In this article, we will learn how to convert categorical variables into numerical variables (Also look at destring and encode).
Suppose we have a dataset on patients and the drugs they have been administered. If drugA is administered to a patient, the variable shows ‘yes’, if not, it shows a ‘no’. The following image depicts what the data looks like:
Download Example FileWe would like to code the ‘yes’ and ’no’ entries as 1 and 0 respectively. Additionally, we would also like to add a new variable which equals 1 if any of the three drugs were administered.
Coding the string data
In order to convert these strings to binary codes, we can individually replace each string for each drug variable as follows:
replace drugA="1" if drugA=="yes" replace drugA="0" if drugA=="no"
Note, that 0 and 1 are enclosed in inverted commas since the type of all three drug variables is a string for now. The command above will change the drugA variable as follows:
For a more efficient and quicker way of making the same replacement in the other two variables, we can use a foreach
loop. This is especially helpful and recommended if you have a larger number of variables to make changes to.
foreach var in drugB drugC { replace `var'="1" if `var'=="yes" replace `var'="0" if `var'=="no" }
The local 'var'
used in this example can be named however you would like. The local’s job is to simply store the list of variables specified at the start of the loop. The local will then be used inside the loop to refer to each variable in the list one by one. In this case, the loop will run first for ‘drugB’, and then all over again for ‘drugC’.

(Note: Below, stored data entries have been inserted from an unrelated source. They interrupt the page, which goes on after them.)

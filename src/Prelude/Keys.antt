-- ===== src/Prelude/Keys.antt =====
-- Types with a Boolean equality, and Go's sets and maps over them: a set is the list of its
-- elements, a map is an association list.
use Prim.Native.Nat.{ℕ, suc}
use mathlib.Core.Path.{◌≡◌, refl, ap}
use mathlib.Core.Logic.{◌≢◌, ◌↔◌, ◌⊎◌, inl, inr}
use mathlib.Core.Bool.{Bool, true, false, ◌||◌}
use mathlib.Core.List.{List, [], ◌∷◌}
use sloff.Prelude.Tests.{if◌then◌else◌, nat_eq as nat_eqb, nat_eq_iff, Bool-cases}
use sloff.Prelude.Lists.{length, In, NoDup}

-- Go's `==` on the keys of a map.
pub record Eq {ℓ} (K : Type ℓ) : Type ℓ where
  pub same_as : K → K → Bool
  pub same_iff : (j k : K) → (same_as j k ≡ true) ↔ (j ≡ k)

infix 50 ◌==◌
abbrev pub ◌==◌ {ℓ} : {K : Type ℓ} ⦃keys : Eq K⦄ → K → K → Bool
◌==◌ ⦃keys⦄ = keys.same_as

instance abbrev pub nat_Eq : Eq ℕ
nat_Eq = record { same_as = nat_eqb; same_iff = nat_eq_iff }

module _ {A : Type 0} ⦃e : Eq A⦄ where
  pub ==_refl : (a : A) → (a == a) ≡ true
  ==_refl a = (e.same_iff a a).1 refl

  pub ==_ne : {a b : A} → a ≢ b → (a == b) ≡ false
  ==_ne {a} {b} h = elim (Bool-cases (a == b)) [
    | inl same ↦ absurd (h ((e.same_iff a b).0 same))
    | inr other ↦ other
  ]

  pub ne_of_== : {a b : A} → (a == b) ≡ false → a ≢ b
  ne_of_== {a} {b} h same = let t = (e.same_iff a b).1 same in cc

  pub ==-cases : (a b : A) → (a ≡ b) × ((a == b) ≡ true) ⊎ (a ≢ b) × ((a == b) ≡ false)
  ==-cases a b = elim (Bool-cases (a == b)) [
    | inl t ↦ inl ((e.same_iff a b).0 t, t)
    | inr f ↦ inr (ne_of_== f, f)
  ]

  -- `_, ok := set[a]`
  unfoldable pub contains : List A → A → Bool
  contains [] a = false
  contains (x ∷ xs) a = a == x || contains xs a

  -- `delete(set, a)`
  unfoldable pub erase : List A → A → List A
  erase [] a = []
  erase (x ∷ xs) a = let rest = erase xs a in if a == x then xs else x ∷ rest

  pub contains-In : (xs : List A) (a : A) → contains xs a ≡ true → In a xs
  unfolding contains
  contains-In [] a h = cc
  contains-In (x ∷ xs) a h = elim (==-cases a x) [
    | inl (same, t) ↦ inl same
    | inr (other, f) ↦ inr (contains-In xs a (rw f at h))
  ]

  pub In-contains : (xs : List A) (a : A) → In a xs → contains xs a ≡ true
  unfolding contains
  In-contains [] a m = absurd m
  In-contains (x ∷ xs) a m = elim (==-cases a x) [
    | inl (same, t) ↦ rw t
    | inr (other, f) ↦
        rw f (elim m [ inl same ↦ absurd (other same) | inr later ↦ In-contains xs a later ])
  ]

  pub not-In : (xs : List A) (a : A) → contains xs a ≡ false → ¬ In a xs
  not-In xs a h m = let t = In-contains xs a m in cc

  pub contains_of_not : (xs : List A) (a : A) → ¬ In a xs → contains xs a ≡ false
  contains_of_not xs a n = elim (Bool-cases (contains xs a)) [
    | inl t ↦ absurd (n (contains-In xs a t))
    | inr f ↦ f
  ]

  pub In-dec : (a : A) (xs : List A) → In a xs ⊎ ¬ In a xs
  In-dec a xs = elim (Bool-cases (contains xs a)) [
    | inl t ↦ inl (contains-In xs a t)
    | inr f ↦ inr (not-In xs a f)
  ]

  pub length-erase : (xs : List A) (a : A) → In a xs → length xs ≡ suc (length (erase xs a))
  unfolding erase
  length-erase [] a m = absurd m
  length-erase (x ∷ xs) a m = elim (==-cases a x) [
    | inl (same, t) ↦ rw t
    | inr (other, f) ↦
        rw f
          (elim m [ inl same ↦ absurd (other same) | inr later ↦ ap suc (length-erase xs a later) ])
  ]

  pub In-erase : (xs : List A) (a b : A) → In b (erase xs a) → In b xs
  unfolding erase
  In-erase [] a b m = absurd m
  In-erase (x ∷ xs) a b m = elim (==-cases a x) [
    | inl (same, t) ↦ inr (rw t at m)
    | inr (other, f) ↦ elim (rw f at m) [
      | inl here ↦ inl here
      | inr later ↦ inr (In-erase xs a b later)
    ]
  ]

  pub In-erase_cases : (xs : List A) (a b : A) → In b xs → (b ≡ a) ⊎ In b (erase xs a)
  unfolding erase
  In-erase_cases [] a b m = absurd m
  In-erase_cases (x ∷ xs) a b m = elim (==-cases a x) [
    | inl (same, t) ↦ elim m [ inl here ↦ inl (cc) | inr later ↦ inr (rw t later) ]
    | inr (other, f) ↦ elim m [
      | inl here ↦ inr (rw f (inl here))
      | inr later ↦ elim (In-erase_cases xs a b later) [
        | inl found ↦ inl found
        | inr left ↦ inr (rw f (inr left))
      ]
    ]
  ]

  pub not-In-erase : (xs : List A) (a : A) → NoDup xs → ¬ In a (erase xs a)
  unfolding erase
  not-In-erase [] a d m = m
  not-In-erase (x ∷ xs) a d m = elim (==-cases a x) [
    | inl (same, t) ↦ d.0 (rw (← same) (rw t at m))
    | inr (other, f) ↦ elim (rw f at m) [
      | inl here ↦ other here
      | inr later ↦ not-In-erase xs a d.1 later
    ]
  ]

  pub NoDup-erase : (xs : List A) (a : A) → NoDup xs → NoDup (erase xs a)
  unfolding erase
  NoDup-erase [] a d = tt
  NoDup-erase (x ∷ xs) a d = elim (==-cases a x) [
    | inl (same, t) ↦ rw t d.1
    | inr (other, f) ↦ rw f (λ m. d.0 (In-erase xs a x m), NoDup-erase xs a d.1)
  ]
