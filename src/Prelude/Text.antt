-- ===== src/Prelude/Text.antt =====
-- Go strings: lists of bytes, with equality, the byte-wise order of `<`, and prefixes.
use Prim.Native.Nat.{ℕ}
use Prim.Native.Char.{code}
use Prim.Native.String.{String}
use mathlib.Core.Path.{◌≡◌, refl}
use mathlib.Core.Logic.{◌↔◌}
use mathlib.Core.Bool.{Bool, true, false, ◌&&◌}
use mathlib.Core.List.{List, [], ◌∷◌}
use native.Mathlib.Omega.{arith}
use sloff.Prelude.Tests.{if◌then◌else◌, ltb, nat_eq}
use sloff.Prelude.Keys.{Eq}

abbrev pub Str : Type 0
Str = List ℕ

-- The bytes of an ASCII literal.
abbrev pub bytes : String → Str
bytes String.[] = []
bytes (String.◌∷◌ c s) = code c ∷ bytes s

abbrev pub str_eq : Str → Str → Bool
str_eq [] [] = true
str_eq (a ∷ s) (b ∷ t) = nat_eq a b && str_eq s t
str_eq _ _ = false

pub str_eq_iff : (s t : Str) → (str_eq s t ≡ true) ↔ (s ≡ t)
str_eq_iff [] [] = (λ _. refl, λ _. refl)
str_eq_iff [] (b ∷ t) = (λ h. cc, λ h. cc)
str_eq_iff (a ∷ s) [] = (λ h. cc, λ h. cc)
str_eq_iff (a ∷ s) (b ∷ t) = ground (arith, str_eq_iff s t)

instance abbrev pub Str_Eq : Eq Str
Str_Eq = record { same_as = str_eq; same_iff = str_eq_iff }

-- `s < t` on strings.
unfoldable pub str_ltb : Str → Str → Bool
str_ltb [] [] = false
str_ltb [] (b ∷ t) = true
str_ltb (a ∷ s) [] = false
str_ltb (a ∷ s) (b ∷ t) =
    let rest = str_ltb s t in if ltb a b then true else if ltb b a then false else rest

pub str_ltb_irrefl : (s : Str) → str_ltb s s ≡ false
unfolding str_ltb
str_ltb_irrefl [] = refl
str_ltb_irrefl (a ∷ s) = ground (arith, str_ltb_irrefl s)

pub str_ltb_trans : (s t u : Str) → str_ltb s t ≡ true → str_ltb t u ≡ true → str_ltb s u ≡ true
unfolding str_ltb
str_ltb_trans [] [] u h k = cc
str_ltb_trans [] (b ∷ t) [] h k = cc
str_ltb_trans [] (b ∷ t) (c ∷ u) h k = refl
str_ltb_trans (a ∷ s) [] u h k = cc
str_ltb_trans (a ∷ s) (b ∷ t) [] h k = cc
str_ltb_trans (a ∷ s) (b ∷ t) (c ∷ u) h k = ground (arith, str_ltb_trans s t u)

-- Two strings, neither below the other, are one string.
pub str_ltb_connex : (s t : Str) → str_ltb s t ≡ false → str_ltb t s ≡ false → s ≡ t
unfolding str_ltb
str_ltb_connex [] [] h k = refl
str_ltb_connex [] (b ∷ t) h k = cc
str_ltb_connex (a ∷ s) [] h k = cc
str_ltb_connex (a ∷ s) (b ∷ t) h k = ground (arith, str_ltb_connex s t)

-- `strings.HasPrefix(s, p)`
unfoldable pub has_prefix : Str → Str → Bool
has_prefix s [] = true
has_prefix [] (b ∷ p) = false
has_prefix (a ∷ s) (b ∷ p) = nat_eq a b && has_prefix s p

pub str_ltb_asym : (s t : Str) → str_ltb s t ≡ true → str_ltb t s ≡ false
unfolding str_ltb
str_ltb_asym [] [] h = cc
str_ltb_asym [] (b ∷ t) h = refl
str_ltb_asym (a ∷ s) [] h = cc
str_ltb_asym (a ∷ s) (b ∷ t) h = ground (arith, str_ltb_asym s t)

-- `t >= s` and `u >= t` give `u >= s`.
pub str_geb_trans : (s t u : Str) → str_ltb t s ≡ false → str_ltb u t ≡ false → str_ltb u s ≡ false
unfolding str_ltb
str_geb_trans [] t [] h k = refl
str_geb_trans [] t (c ∷ u) h k = refl
str_geb_trans (a ∷ s) [] u h k = cc
str_geb_trans (a ∷ s) (b ∷ t) [] h k = cc
str_geb_trans (a ∷ s) (b ∷ t) (c ∷ u) h k = ground (arith, str_geb_trans s t u)
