-- ===== src/Prelude/Affixes.antt =====
-- Suffixes of a string and its first separator, as `strings` of Go's library gives them.
use Prim.Native.Nat.{ℕ}
use mathlib.Core.Path.{◌≡◌, refl, sym, ap, ◌∙◌}
use mathlib.Core.Logic.{inl, inr, ◌≢◌}
use mathlib.Core.Option.{Option, none, some}
use mathlib.Core.List.{[], ◌∷◌, ◌++◌}
use native.Mathlib.Omega.{arith}
use sloff.Prelude.Tests.{if◌then◌else◌, nat_eq, Option-cases}
use sloff.Prelude.Lists.{length, length-append, In}
use sloff.Prelude.Keys.{==-cases, ==_refl, ==_ne, nat_Eq}
use sloff.Prelude.Text.{Str, str_eq, Str_Eq}

-- What stands before the suffix, if the string ends in it: `strings.HasSuffix` and `TrimSuffix`.
unfoldable pub strip_suffix : Str → Str → Option Str
strip_suffix [] suffix = if str_eq [] suffix then some [] else none
strip_suffix (c ∷ s) suffix =
    let rest : Option Str = elim (strip_suffix s suffix) [ none ↦ none | some a ↦ some (c ∷ a) ] in
    if str_eq (c ∷ s) suffix then some [] else rest

-- The parts before and after the first byte c: `strings.Cut`, and `Index` with the slices around it.
unfoldable pub cut : ℕ → Str → Option (Str × Str)
cut c [] = none
cut c (a ∷ s) =
    let rest : Option (Str × Str) = elim (cut c s) [
      | none ↦ none
      | some (before, after) ↦ some (a ∷ before, after)
    ] in
    if nat_eq a c then some ([], s) else rest

pub strip_suffix-append : (s suffix : Str) → strip_suffix (s ++ suffix) suffix ≡ some s
unfolding strip_suffix
strip_suffix-append [] [] = refl
strip_suffix-append [] (c ∷ suffix) = rw (==_refl (c ∷ suffix)) refl
strip_suffix-append (a ∷ s) suffix = rw (==_ne longer) (rw (strip_suffix-append s suffix) refl)
  where
    longer : a ∷ (s ++ suffix) ≢ suffix
    longer e = omega (arith, ap length e, length-append s suffix)

pub append_of-strip_suffix : (s suffix a : Str) → strip_suffix s suffix ≡ some a → s ≡ a ++ suffix
unfolding strip_suffix
append_of-strip_suffix [] suffix a h = elim (==-cases [] suffix) [
  | inl (same, t) ↦ let e : some [] ≡ some a = rw t at h in let eq : [] ≡ a = cc in rw (← eq) same
  | inr (other, f) ↦ let bad : none ≡ some a = rw f at h in cc
]
append_of-strip_suffix (c ∷ s) suffix a h = elim (==-cases (c ∷ s) suffix) [
  | inl (same, t) ↦ let e : some [] ≡ some a = rw t at h in let eq : [] ≡ a = cc in rw (← eq) same
  | inr (other, f) ↦ elim (Option-cases (strip_suffix s suffix)) [
    | inl e ↦ let bad : none ≡ some a = rw (f, e) at h in cc
    | inr (b, e) ↦
        let same : some (c ∷ b) ≡ some a = rw (f, e) at h in
        let eq : c ∷ b ≡ a = cc in
        ap (◌∷◌ c) (append_of-strip_suffix s suffix b e) ∙ ap (λ l. l ++ suffix) eq
  ]
]

pub cut-append :
    (c : ℕ) (before after : Str)
    → ¬ In c before
    → cut c (before ++ c ∷ after) ≡ some (before, after)
unfolding cut
cut-append c [] after n = rw (==_refl c) refl
cut-append c (a ∷ before) after n =
    rw (==_ne (λ e. n (inl (sym e)))) (rw (cut-append c before after (λ m. n (inr m))) refl)

pub append_of-cut :
    (c : ℕ) (s before after : Str) → cut c s ≡ some (before, after) → s ≡ before ++ c ∷ after
unfolding cut
append_of-cut c [] before after h = cc
append_of-cut c (a ∷ s) before after h = elim (==-cases a c) [
  | inl (same, t) ↦
      let e : ◌≡◌ {A = Option (Str × Str)} (some ([], s)) (some (before, after)) = rw t at h in
      let first : [] ≡ before = cc in
      let second : s ≡ after = cc in rw (← first, ← second, same) refl
  | inr (other, f) ↦ elim (Option-cases (cut c s)) [
    | inl e ↦
        let bad : ◌≡◌ {A = Option (Str × Str)} none (some (before, after)) = rw (f, e) at h in cc
    | inr ((b, d), e) ↦
        let same : ◌≡◌ {A = Option (Str × Str)} (some (a ∷ b, d)) (some (before, after)) =
          rw (f, e) at h in
        let first : a ∷ b ≡ before = cc in
        let second : d ≡ after = cc in rw (← first, ← second) (ap (◌∷◌ a) (append_of-cut c s b d e))
  ]
]

-- The byte is not in the part before it.
pub not-In-cut : (c : ℕ) (s before after : Str) → cut c s ≡ some (before, after) → ¬ In c before
unfolding cut
not-In-cut c [] before after h = cc
not-In-cut c (a ∷ s) before after h = elim (==-cases a c) [
  | inl (same, t) ↦
      let e : ◌≡◌ {A = Option (Str × Str)} (some ([], s)) (some (before, after)) = rw t at h in
      let first : [] ≡ before = cc in rw (← first) (λ m. m)
  | inr (other, f) ↦ elim (Option-cases (cut c s)) [
    | inl e ↦
        let bad : ◌≡◌ {A = Option (Str × Str)} none (some (before, after)) = rw (f, e) at h in cc
    | inr ((b, d), e) ↦
        let same : ◌≡◌ {A = Option (Str × Str)} (some (a ∷ b, d)) (some (before, after)) =
          rw (f, e) at h in
        let first : a ∷ b ≡ before = cc in
        rw (← first)
          (λ m. elim m [ inl here ↦ other (sym here) | inr later ↦ not-In-cut c s b d e later ])
  ]
]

Running the code above will make changes to these two variable values as well:
Related Book: Data Management Using Stata Michael N. Mitchell
From String to Numeric
However, note that these values are stored in red color, indicating that they are string values rather than numeric ones. To rectify this, we use the destring
command:
destring, replace
This command destrings every string value and replaces them with the numeric counterpart. This will also be apparent by the black color of the stored data:
Generating a new variable
Now we would like to generate a binary variable called ‘anydrug’ that would take the value of 1 if any of the three drugs were administered i.e. if any of the three drug variables has a value of 1. The egen
command will be utilized to make this task quick:
egen anydrug=rowtotal(drugA-drugC)
The rowtotal
function used with the egen
command produces the sum of all values present in the rows specified in the brackets, which in this case were all the variables starting from ‘drugA’ to ‘drugC’. If one drug was administered, this variable would equal 1; if two were administered, it would equal 2, and so on. Obviously if no drug was given to the patient, the variable would equal 0. We would like the latter observations to have a value of 0 for the ‘anydrug’ variable, and 1 for any value greater than 0.
replace anydrug=1 if anydrug>0
This command replaces any value greater than zero with 1.
The rowtotal
functions ignore any missing values when adding variables. Note that a value for ‘drugC’ is missing for patient 8, but the command still returned a row total of 1. If we want Stata to take missing values into consideration and reflect that in the added output, we simply use the gen command.
gen anydrug2=drugA+drugB+drugC
This command will return a missing value for the generated variable for patient 8.
Another way to go about it…
There is another, perhaps a more easy and straightforward way to go about our task above. Assume that we no longer care about destringing or encoding the drug variables. We can use the gen command along with the OR operator indicated by the vertical bar |
to directly create the ‘anydrug’ variable.
gen anydrug3=1 if drugA=="yes" | drugB=="yes" | drugC=="yes"
This will simply generate ‘anydrug3’ to be equal to 1 if any of the variables from ‘drugA’ to ‘drugC’ are equal to ‘yes’. This approach eliminates the need to convert them to numeric type, add them, and use an if condition to replace them with 1. For any patient who did not recieve any of the drugs, this variable will have a missing value.
The following command will take care of these missing values and replace them with a 0.
replace anydrug3=0 if (drugA=="no" | drugB=="no" | drugC=="no")
This command replaces the variable with 0 if any of the drug variables equal “no”. Alternatively, this command could also be modified as:
replace anydrug3=0 if missing(anydrug3)
Any value that was missing after our initial gen
anydrug3 command will be replaced with a 0.